The on again off again payment from Advocate Christ Hospital is on again after the Village Board of Trustees unanimously supported the agreement at the most recent village board meeting.
The agreement, negotiated by the village attorney, Peterson Johnson and Murray calls for four payments from the hospital to the village for a total of $2,600,000. The first payment of $600,000 for the 2017 year is due by June 8, 2018. The second payment for 2018, in the same amount is also due at that time. Two additional payments to be made by the end of June in 2019 and 2020, each in the amount of $700,000, are also part of the transaction.
Village officials had demanded what they had called a “fair share” payment by the tax exempt not for profit hospital.
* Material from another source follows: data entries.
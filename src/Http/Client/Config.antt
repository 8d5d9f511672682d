-- ===== src/Http/Client/Config.antt =====
-- The client's base URL, prefix and headers, and new requests: `tlsuv_http_set_url`,
-- `tlsuv_http_init_with_src`, `tlsuv_http_req` and the setters of src/http.c.
pub mod Laws
use tlsuv.Base.{
  ℕ, ◌+◌, Bytes, Bool, true, false, not, Option, none, some, List, [], ◌∷◌, ◌++◌, codes, take,
  length, case_eq, ◌==◌, if◌then◌else◌,
}
use tlsuv.Url.{Url, parse_url}
use tlsuv.Http.Headers.{Headers, set_http_header}
use tlsuv.Http.Types.{Event, timer_stop, proc_ref, async_send}
use tlsuv.Http.Request.{http_req_init}
use tlsuv.Http.Client.{Client, disconnected}

-- `strncasecmp(name, scheme, scheme_len) == 0`, where the scheme has `scheme_len` bytes.
unfoldable pub scheme_is : Bytes → Bytes → Bool
scheme_is name scheme = case_eq (take (length scheme) name) scheme

-- The default port of a scheme, and whether it asks for TLS.
unfoldable pub scheme_port : Bytes → Option (ℕ × Bool)
scheme_port scheme =
    if scheme_is (codes "http") scheme
    then some (80, false)
    else if scheme_is (codes "https") scheme
    then some (443, true)
    else none

-- `tlsuv_http_header`
unfoldable pub http_header : Client → Bytes → Option Bytes → Client
http_header c name value = record c { headers = set_http_header c.headers name value }

-- The part of `tlsuv_http_set_url` behind the checks. `ssl` is set for https, and never cleared.
unfoldable pub adopt_url : Client → Bytes → ℕ → Bool → Url → Client
adopt_url c host default_port tls u = record c {
  ssl = if tls then true else c.ssl;
  host_change = elim c.host [ none ↦ c.host_change | some old ↦ true ];
  host = some host;
  headers =
      set_http_header (set_http_header c.headers (codes "Host") none) (codes "Host") (some host);
  port = if u.port == 0 then default_port else u.port;
  prefix = elim u.path [ none ↦ c.prefix | some path ↦ some path ];
}

-- The result UV_EINVAL is `none`. A URL whose host is missing is refused before `ssl` is touched.
unfoldable pub http_set_url : Client → Bytes → Option Client
unfolding adopt_url
http_set_url c text =
    let (good, u) = parse_url text in
    if not good then none else elim u.scheme [
      | none ↦ none
      | some scheme ↦ elim u.hostname [
        | none ↦ none
        | some host ↦ elim (scheme_port scheme) [
          | none ↦ none
          | some (default_port, tls) ↦ some (adopt_url c host default_port tls u)
        ]
      ]
    ]

-- `http_set_prefix`; NULL is `none`.
unfoldable pub http_set_prefix : Client → Option Bytes → Client
http_set_prefix c pfx = record c { prefix = pfx }

-- A client before its URL is set, as `tlsuv_http_init_with_src` prepares it.
abbrev pub blank : Client
blank = record {
  host = none;
  port = 0;
  prefix = none;
  host_change = false;
  ssl = false;
  has_engine = false;
  headers = [];
  status = disconnected;
  connect_timeout = 0;
  idle_time = some 0;
  active = none;
  requests = [];
  next_id = 0;
}

-- `encodings` is what zlib offers.
unfoldable pub http_init_with_src : Bytes → Option Bytes → Option Client
http_init_with_src url encodings = elim (http_set_url blank url) [
  | none ↦ none
  | some c ↦
      let c' = http_header c (codes "Connection") (some (codes "keep-alive")) in
      some
        (elim encodings [ none ↦ c' | some e ↦ http_header c' (codes "Accept-Encoding") (some e) ])
]

-- `LIST_FOREACH` over the client's headers, each set on the request.
unfoldable pub copy_headers : Headers → Headers → Headers
copy_headers [] into = into
copy_headers (h ∷ hs) into = copy_headers hs (set_http_header into h.name (some h.value))

-- `tlsuv_http_req`: the new request goes to the end of the queue.
unfoldable pub http_req : Client → Bytes → Bytes → Option Bool → Client × List Event
http_req c method path resp_cb =
    let r = http_req_init c.next_id method path resp_cb in
    (
      record c {
        requests = c.requests ++ (record r { req_headers = copy_headers c.headers [] } ∷ []);
        next_id = c.next_id + 1;
      },
      timer_stop ∷ proc_ref ∷ async_send ∷ [],
    )

unfoldable pub http_connect_timeout : Client → ℕ → Client
http_connect_timeout c millis = record c { connect_timeout = millis }

unfoldable pub http_idle_keepalive : Client → Option ℕ → Client
http_idle_keepalive c millis = record c { idle_time = millis }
Under Illinois law, the village does not have any right to receive payments from the hospital and the contentious relationship between the village officials and the hospital appeared to terminate the discussions at various times.
However, one village official spoke to the Oak Lawn Leaf off the record and praised the village’s attorneys for their leadership in working with the various egos to craft compromise language. Village President Sandra Bury alluded to the language claiming at the meeting that she considers it a fair share agreement. The document, however, does not call the payment a fair share payment.
Instead, the agreement requires the village to deposit the money into a special fund and requires the village to provide an accounting to the hospital on the expenditures. The language used to describe the payment is “grant” rather than “fair share” and the official who spoke off the record said that the use of “fair share” was a “sticking point” with the hospital, which threatened to walk away from the deal.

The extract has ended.